PET imaging of tau proteins

Tau (tubulin-associated unit) proteins include six isoforms produced by alternative mRNA splicing of the MAPT (microtubule-associated protein tau) gene. Tau proteins are natively unfolded and contain 352-441 amino acids, having up to 85 potential phosphorylation sites (serine, threonine and tyrosine). The relative activities of kinases (such as GSK-3α/β) and phosphatases, and conformation of the tau protein itself, determine the phosphorylation status. Tau proteins are involved in microtubule assembly and stabilization, and in regulation of motor-driven intracellular transport in neuronal axons. Increased phosphorylation leads to decreased binding to microtubules and subsequently disruption of microtubules. In addition to phosphorylation, tau proteins are regulated by also other post-translational modification such as glycation, nitration, acetylation, and proteolytic truncation.

Tau proteins are widely expressed in the central and peripheral nervous system, especially in neuronal axons, but also in the kidneys and lungs. Hyperphosphorylated tau proteins accumulate in the somatodendritic compartments of neurons, forming aggregates and eventually neurofibrillary tangles (NFTs). These neurofibrillary tangles in the brain are found in several neurodegenerative diseases (tauopathies, proteinopathies), including Alzheimer's disease (AD), progressive supranuclear palsy (PSP), and traumatic brain injuries. In AD the tau proteins are surrounded by the more abundantly present amyloid β protein.

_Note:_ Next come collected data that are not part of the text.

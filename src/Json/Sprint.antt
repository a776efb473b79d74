-- ===== src/Json/Sprint.antt =====
-- The text that `fmt.Sprint` makes of a JSON value. The fields of an object are in the order given.
use permission_aware_search.Common.{String, true, false}
use permission_aware_search.Strings.{◌+++◌}
use permission_aware_search.Json.{
  Value, null, boolean, num, str, arr, obj, Values, nil, cons, Fields, end, field,
}

unfoldable mutual
  pub sprint : Value → String
  sprint null = "<nil>"
  sprint (boolean true) = "true"
  sprint (boolean false) = "false"
  sprint (num n) = n
  sprint (str s) = s
  sprint (arr vs) = "[" +++ sprint_values vs
  sprint (obj fs) = "map[" +++ sprint_fields fs

  pub sprint_values : Values → String
  sprint_values nil = "]"
  sprint_values (cons v nil) = sprint v +++ "]"
  sprint_values (cons v (cons w vs)) = sprint v +++ " " +++ sprint_values (cons w vs)

  pub sprint_fields : Fields → String
  sprint_fields end = "]"
  sprint_fields (field k v end) = k +++ ":" +++ sprint v +++ "]"
  sprint_fields (field k v (field l w fs)) =
      k +++ ":" +++ sprint v +++ " " +++ sprint_fields (field l w fs)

Neurofibrillary tangles, composed of tau, may not cause the neurodegeneration, but soluble tau oligomers are toxic to synapses, possibly by glutamate excitotoxicity and Ca2+ dysregulation (Forner et al., 2017). Tau proteins in NFTs are no longer available to stabilize the microtubules, resulting in neurodegeneration. Neurofibrillary tangles are commonly observed in brainstem nuclei in subjects without dementia, and in medial temporal lobe of almost all people older than 70 years, but tau pathology especially in medial temporal areas is still associated with memory decline and lower regional volume (Ziontz et al., 2019).

In vivo PET imaging has shown that tau pathology is associated with synaptic loss in several neurodegenerative diseases (Holland et al., 2020; Vanhaute et al., 2021; Coomans et al., 2021).

PET radiopharmaceuticals

Tau protein aggregates

Development of PET radiopharmaceuticals for tau protein aggregates has been hindered by the post-transitional modifications and resulting multiple 3D structures that the tau proteins can adopt in the aggregates. Multiple binding sites on Tau fibrils are present. Another problem is the abundance of amyloid β in the aggregates; therefore most of the tau radioligands are developed for other tauopathies than AD where amyloid β deposits are not present. Radiopharmaceutical must also be able to pass the blood-brain barrier, and show low or no specificity to α-synuclein.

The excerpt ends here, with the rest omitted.